EXTRACTED ENTRIES:

-- ===== src/ManagerService/Timer.antt =====
-- The shutdown timer.
use eos_payg.Base.{
  ℕ, ◌+◌, ◌≤◌, ◌<◌, ◌≡◌, ◌≢◌, ◌⊎◌, inl, inr, refl, ◌∙◌, true, false, none, some, List, [], ◌∷◌,
  arith, ◌==◌, ltb, leb, ◌||◌, Bool-cases, Option-cases,
}
use eos_payg.Base.Int.{negsuc}
use eos_payg.Manager.{Clock}
use eos_payg.Provider.{Provider}
use eos_payg.ManagerService.{
  emit_signal, payg_interface, seconds_and_reason, no_parameters, ManagerService, new_service,
  source_remove, expired_cb, shutdown_timer_fires, times, notify_expiry_time_cb, set_provider,
}

-- No timer was started, or it was cancelled; one runs, and the object knows its id; it has powered
-- off, and the object still has its id.
abbrev pub IsIdle : ManagerService → Type 0
IsIdle s = (s.shutdown_timer_id ≡ 0) × (s.timers ≡ [])

abbrev pub IsRunning : ManagerService → Type 0
IsRunning s = (s.shutdown_timer_id ≢ 0) × (s.timers ≡ s.shutdown_timer_id ∷ [])

abbrev pub IsOver : ManagerService → Type 0
IsOver s = (s.shutdown_timer_id ≢ 0) × (s.timers ≡ []) × (0 < s.poweroffs)

abbrev pub IsTimed : ManagerService → Type 0
IsTimed s = IsIdle s ⊎ (IsRunning s ⊎ IsOver s)

-- What happens to the object: the provider's signals, with any provider behind them, and the end of
-- a timer that runs.
pub data Step {S : Type 0} (P : Provider S) : ManagerService → ManagerService → Type 0 where
  is_expired : (new_id : ℕ) {s s' : ManagerService} → expired_cb new_id s ≡ some s' → Step P s s'
  is_notified :
      (c : Clock) (p : S) {s s' : ManagerService}
      → notify_expiry_time_cb P c p s ≡ some s'
      → Step P s s'
  fires :
      (id : ℕ) (rest : List ℕ) {s : ManagerService}
      → s.timers ≡ id ∷ rest
      → Step P s (shutdown_timer_fires id s)

pub data Steps {S : Type 0} (P : Provider S) : ManagerService → ManagerService → Type 0 where
  done : {s : ManagerService} → Steps P s s
  more : {s s' s'' : ManagerService} → Steps P s s' → Step P s' s'' → Steps P s s''

-- The provider's time is extended: it is 0, or later than now.
abbrev pub IsExtended : ℕ × ℕ → Type 0
IsExtended t = (t.0 ≡ 0) ⊎ (t.1 < t.0)

expired_cb-idle :
    (new_id : ℕ) (s : ManagerService) {s' : ManagerService}
    → IsIdle s
    → expired_cb new_id s ≡ some s'
    → IsRunning s' × (s'.shutdown_timer_id ≡ new_id)
unfolding expired_cb
expired_cb-idle new_id s {s'} (unset, empty) h = ground arith

expired_cb-set :
    (new_id : ℕ) (s : ManagerService) {s' : ManagerService}
    → s.shutdown_timer_id ≢ 0
    → expired_cb new_id s ≡ some s'
    → (s'.shutdown_timer_id ≡ s.shutdown_timer_id)
      × (s'.timers ≡ s.timers)
      × (s'.poweroffs ≡ s.poweroffs)
unfolding expired_cb
expired_cb-set new_id s {s'} set h = ground arith

module _ {S : Type 0} (P : Provider S) (c : Clock) (p : S) (s : ManagerService) where
  notified_idle :
      {s' : ManagerService}
      → s.shutdown_timer_id ≡ 0
      → notify_expiry_time_cb P c p s ≡ some s'
      → s' ≡ s
  unfolding notify_expiry_time_cb
  notified_idle {s'} unset h = ground arith

  notified_set :
      {s' : ManagerService}
      → s.shutdown_timer_id ≢ 0
      → notify_expiry_time_cb P c p s ≡ some s'
      → (t : ℕ × ℕ) × (times P c p ≡ some t)
        × ((s' ≡ s)
            ⊎ (IsExtended t
                × (s'.shutdown_timer_id ≡ 0)
                × (s'.timers ≡ source_remove s.shutdown_timer_id s.timers)
                × (s'.poweroffs ≡ s.poweroffs)))
  unfolding notify_expiry_time_cb
  notified_set {s'} set h = elim (Option-cases (times P c p)) [
    | inl failed ↦ ground arith
    | inr (t, ok_times) ↦ (
      t,
      ok_times,
      elim (Bool-cases (t.0 == 0 || ltb t.1 t.0)) [
        | inl extended ↦ inr (ground arith)
        | inr not_yet ↦ inl (ground arith)
      ],
    )
  ]

source_remove_lem : (id : ℕ) → source_remove id (id ∷ []) ≡ []
source_remove_lem id = ground arith

-- The only running timer ends.
fires_one :
    (id : ℕ) (rest : List ℕ) (s : ManagerService)
    → s.timers ≡ id ∷ rest
    → s.timers ≡ s.shutdown_timer_id ∷ []
    → source_remove id s.timers ≡ []
fires_one id rest s h one =
    let same : id ≡ s.shutdown_timer_id = cc in
    rw (one, same) (source_remove_lem s.shutdown_timer_id)

-- A new object starts its timer.
expired_cb-new_service : (new_id : ℕ) → 0 < new_id → expired_cb new_id new_service ≢ none
unfolding expired_cb
expired_cb-new_service new_id positive failed = ground arith

-- The object behind a notification that cancels the timer.
abbrev timer_cancelled : ManagerService → ManagerService
timer_cancelled s =
    emit_signal payg_interface "ImpendingShutdown"
      (seconds_and_reason (negsuc 0) "PAYG credit extended")
      (record s { timers = source_remove s.shutdown_timer_id s.timers; shutdown_timer_id = 0 })

module _ {S : Type 0} (P : Provider S) where
  -- What a notification shows to a timer that it cancels.
  abbrev pub WasExtended : Type 0
  WasExtended = (c : Clock) × (p : S) × (t : ℕ × ℕ) × (times P c p ≡ some t) × IsExtended t

  -- While a shutdown timer runs, it goes on, is over, or is cancelled; no second one is started.
  Step-IsRunning :
      {s s' : ManagerService}
      → Step P s s'
      → IsRunning s
      → (IsRunning s' × (s'.shutdown_timer_id ≡ s.shutdown_timer_id) × (s'.poweroffs ≡ s.poweroffs))
        ⊎ ((IsOver s' × (s'.poweroffs ≡ s.poweroffs + 1)) ⊎ (IsIdle s' × WasExtended))
  unfolding shutdown_timer_fires
  Step-IsRunning {s} {s'} (is_expired new_id h) (set, one) =
      let (a, b, d) = expired_cb-set new_id s set h in inl ((omega (arith, a), cc), a, d)
  Step-IsRunning {s} {s'} (is_notified c p h) (set, one) =
      let (t, read, change) = notified_set P c p s set h in
      elim change [
        | inl same ↦ inl (rw same ((set, one), refl, refl))
        | inr (extended, unset, removed, off) ↦ inr (
            inr (
              (unset, removed ∙ rw one (source_remove_lem s.shutdown_timer_id)),
              (c, p, t, read, extended),
            ))
      ]
  Step-IsRunning {s} {s'} (fires id rest h) (set, one) =
      inr (inl ((set, fires_one id rest s h one, omega arith), refl))

  -- Once a shutdown timer has powered off, no signal of the provider starts another one before a
  -- notification at a time when the expiry time is 0 or later than now, because the object still
  -- has the id of the timer.
  pub Step-IsOver :
      {s s' : ManagerService}
      → Step P s s'
      → IsOver s
      → (IsOver s' × (s'.poweroffs ≡ s.poweroffs)) ⊎ (IsIdle s' × WasExtended)
  unfolding shutdown_timer_fires
  Step-IsOver {s} {s'} (is_expired new_id h) (set, empty, off) =
      let (a, b, d) = expired_cb-set new_id s set h in
      inl ((omega (arith, a), b ∙ empty, omega (arith, d)), d)
  Step-IsOver {s} {s'} (is_notified c p h) (set, empty, off) =
      let (t, read, change) = notified_set P c p s set h in
      elim change [
        | inl same ↦ inl (rw same ((set, empty, off), refl))
        | inr (extended, unset, removed, same) ↦
            inr ((unset, removed ∙ rw empty refl), (c, p, t, read, extended))
      ]
  Step-IsOver {s} {s'} (fires id rest h) (set, empty, off) = absurd cc

  Step-IsIdle : {s s' : ManagerService} → Step P s s' → IsIdle s → IsTimed s'
  Step-IsIdle {s} {s'} (is_expired new_id h) idle = inr (inl (expired_cb-idle new_id s idle h).0)
  Step-IsIdle {s} {s'} (is_notified c p h) (unset, empty) =
      let same = notified_idle P c p s unset h in inl (cc, cc)
  Step-IsIdle {s} {s'} (fires id rest h) (unset, empty) = absurd cc

  Step-IsTimed : {s s' : ManagerService} → Step P s s' → IsTimed s → IsTimed s'
  Step-IsTimed x (inl idle) = Step-IsIdle x idle
  Step-IsTimed x (inr (inl running)) = elim (Step-IsRunning x running) [
    | inl (on, same, none_off) ↦ inr (inl on)
    | inr (inl (over, _)) ↦ inr (inr over)
    | inr (inr (idle, _)) ↦ inl idle
  ]
  Step-IsTimed x (inr (inr over)) = elim (Step-IsOver x over) [
    | inl (still, _) ↦ inr (inr still)
    | inr (idle, _) ↦ inl idle
  ]

  Steps-IsTimed : {s s' : ManagerService} → Steps P s s' → IsTimed s → IsTimed s'
  Steps-IsTimed done t = t
  Steps-IsTimed (more xs x) t = Step-IsTimed x (Steps-IsTimed xs t)

  -- A new object starts a shutdown timer exactly if the provider's expiry time is not later than
  -- now, and after any sequence of the provider's signals and timers' ends at most one timer runs,
  -- whose id the object has.
  pub set_provider_lem :
      (c : Clock) (p : S) (new_id : ℕ) {expiry now : ℕ}
      → 0 < new_id
      → times P c p ≡ some (expiry, now)
      → (s : ManagerService) × (set_provider P c new_id p new_service ≡ some s)
        × (((expiry ≤ now) × IsRunning s × (s.shutdown_timer_id ≡ new_id))
            ⊎ ((now < expiry) × (s ≡ new_service)))
        × ((s' : ManagerService) → Steps P s s' → IsTimed s')
  unfolding set_provider
  set_provider_lem c p new_id {expiry} {now} positive read = elim (Bool-cases (leb expiry now)) [
    | inl late ↦ elim (Option-cases (expired_cb new_id new_service)) [
      | inl failed ↦ absurd (expired_cb-new_service new_id positive failed)
      | inr (s, started) ↦
          let (running, id) = expired_cb-idle new_id new_service (refl, refl) started in
          (
            s,
            ground arith,
            inl (ground arith, running, id),
            λ s' xs. Steps-IsTimed xs (inr (inl running)),
          )
    ]
    | inr early ↦ (
      new_service,
      ground arith,
      inr (ground arith, refl),
      λ s' xs. Steps-IsTimed xs (inl (refl, refl)),
    )
  ]

  -- A notification of an extended time cancels a running timer.
  pub notified-IsIdle :
      (c : Clock) (p : S) (s : ManagerService) {t : ℕ × ℕ}
      → times P c p ≡ some t
      → IsExtended t
      → IsRunning s
      → (s' : ManagerService) × (notify_expiry_time_cb P c p s ≡ some s') × IsIdle s'
  unfolding notify_expiry_time_cb
  notified-IsIdle c p s {t} read extended (set, one) =
      let unset : (s.shutdown_timer_id == 0) ≡ false = ground arith in
      let goes : (t.0 == 0 || ltb t.1 t.0) ≡ true = ground arith in
      (
        timer_cancelled s,
        rw (unset, read, goes) refl,
        (refl, rw one (source_remove_lem s.shutdown_timer_id)),
      )

  expired_cb-IsRunning :
      (s : ManagerService)
      → IsRunning s
      → (new_id : ℕ)
      → (s' : ManagerService) × (expired_cb new_id s ≡ some s')
        × IsRunning s'
        × (s'.shutdown_timer_id ≡ s.shutdown_timer_id)
        × (s'.poweroffs ≡ s.poweroffs)
  unfolding expired_cb
  expired_cb-IsRunning s (set, one) new_id =
      let unset : (s.shutdown_timer_id == 0) ≡ false = ground arith in
      (
        emit_signal payg_interface "Expired" no_parameters s,
        rw (unset) refl,
        (set, one),
        refl,
        refl,
      )

  notified_while :
      (s : ManagerService)
      → IsRunning s
      → (c : Clock) (p : S) {expiry now : ℕ} → times P c p ≡ some (expiry, now)
      → (s' : ManagerService) × (notify_expiry_time_cb P c p s ≡ some s')
        × (s'.poweroffs ≡ s.poweroffs)
        × ((((expiry ≡ 0) ⊎ (now < expiry)) × IsIdle s')
            ⊎ ((expiry ≢ 0) × (expiry ≤ now) × (s' ≡ s)))
  unfolding notify_expiry_time_cb
  notified_while s (set, one) c p {expiry} {now} read =
      let unset : (s.shutdown_timer_id == 0) ≡ false = ground arith in
      elim (Bool-cases (expiry == 0 || ltb now expiry)) [
        | inl goes ↦ (
          timer_cancelled s,
          rw (unset, read, goes) refl,
          refl,
          inl (ground (arith, goes), (refl, rw one (source_remove_lem s.shutdown_timer_id))),
        )
        | inr stays ↦ (
          s,
          rw (unset, read, stays) refl,
          refl,
          inr (ground (arith, stays), ground (arith, stays), refl),
        )
      ]

  -- While a shutdown timer runs, a signal that the provider has expired starts no second one and
  -- leaves it running; a notification of the expiry time leaves everything as it is if that is not
  -- 0 and not later than now, and cancels the timer if it is 0 or later than now; and the end of
  -- the timer powers off once and removes it, with the object keeping its id.
  pub shutdown_timer_lem :
      (s : ManagerService) (new_id : ℕ) (c : Clock) (p : S) {expiry now : ℕ}
      → IsRunning s
      → times P c p ≡ some (expiry, now)
      → ((s' : ManagerService) × (expired_cb new_id s ≡ some s')
          × IsRunning s'
          × (s'.shutdown_timer_id ≡ s.shutdown_timer_id)
          × (s'.poweroffs ≡ s.poweroffs))
        × ((s' : ManagerService) × (notify_expiry_time_cb P c p s ≡ some s')
            × (s'.poweroffs ≡ s.poweroffs)
            × ((((expiry ≡ 0) ⊎ (now < expiry)) × IsIdle s')
                ⊎ ((expiry ≢ 0) × (expiry ≤ now) × (s' ≡ s))))
        × ((shutdown_timer_fires s.shutdown_timer_id s).timers ≡ [])
        × ((shutdown_timer_fires s.shutdown_timer_id s).poweroffs ≡ s.poweroffs + 1)
        × ((shutdown_timer_fires s.shutdown_timer_id s).shutdown_timer_id ≡ s.shutdown_timer_id)
  unfolding shutdown_timer_fires
  shutdown_timer_lem s new_id c p running read = (
    expired_cb-IsRunning s running new_id,
    notified_while s running c p read,
    rw running.1 (source_remove_lem s.shutdown_timer_id),
    refl,
    refl,
  )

TASK TO COMPLETE:
For each line of the entries that contains the word "List", make a copy.

ANSWER:
  ℕ, ◌+◌, ◌≤◌, ◌<◌, ◌≡◌, ◌≢◌, ◌⊎◌, inl, inr, refl, ◌∙◌, true, false, none, some, List, [], ◌∷◌,
      (id : ℕ) (rest : List ℕ) {s : ManagerService}
    (id : ℕ) (rest : List ℕ) (s : ManagerService)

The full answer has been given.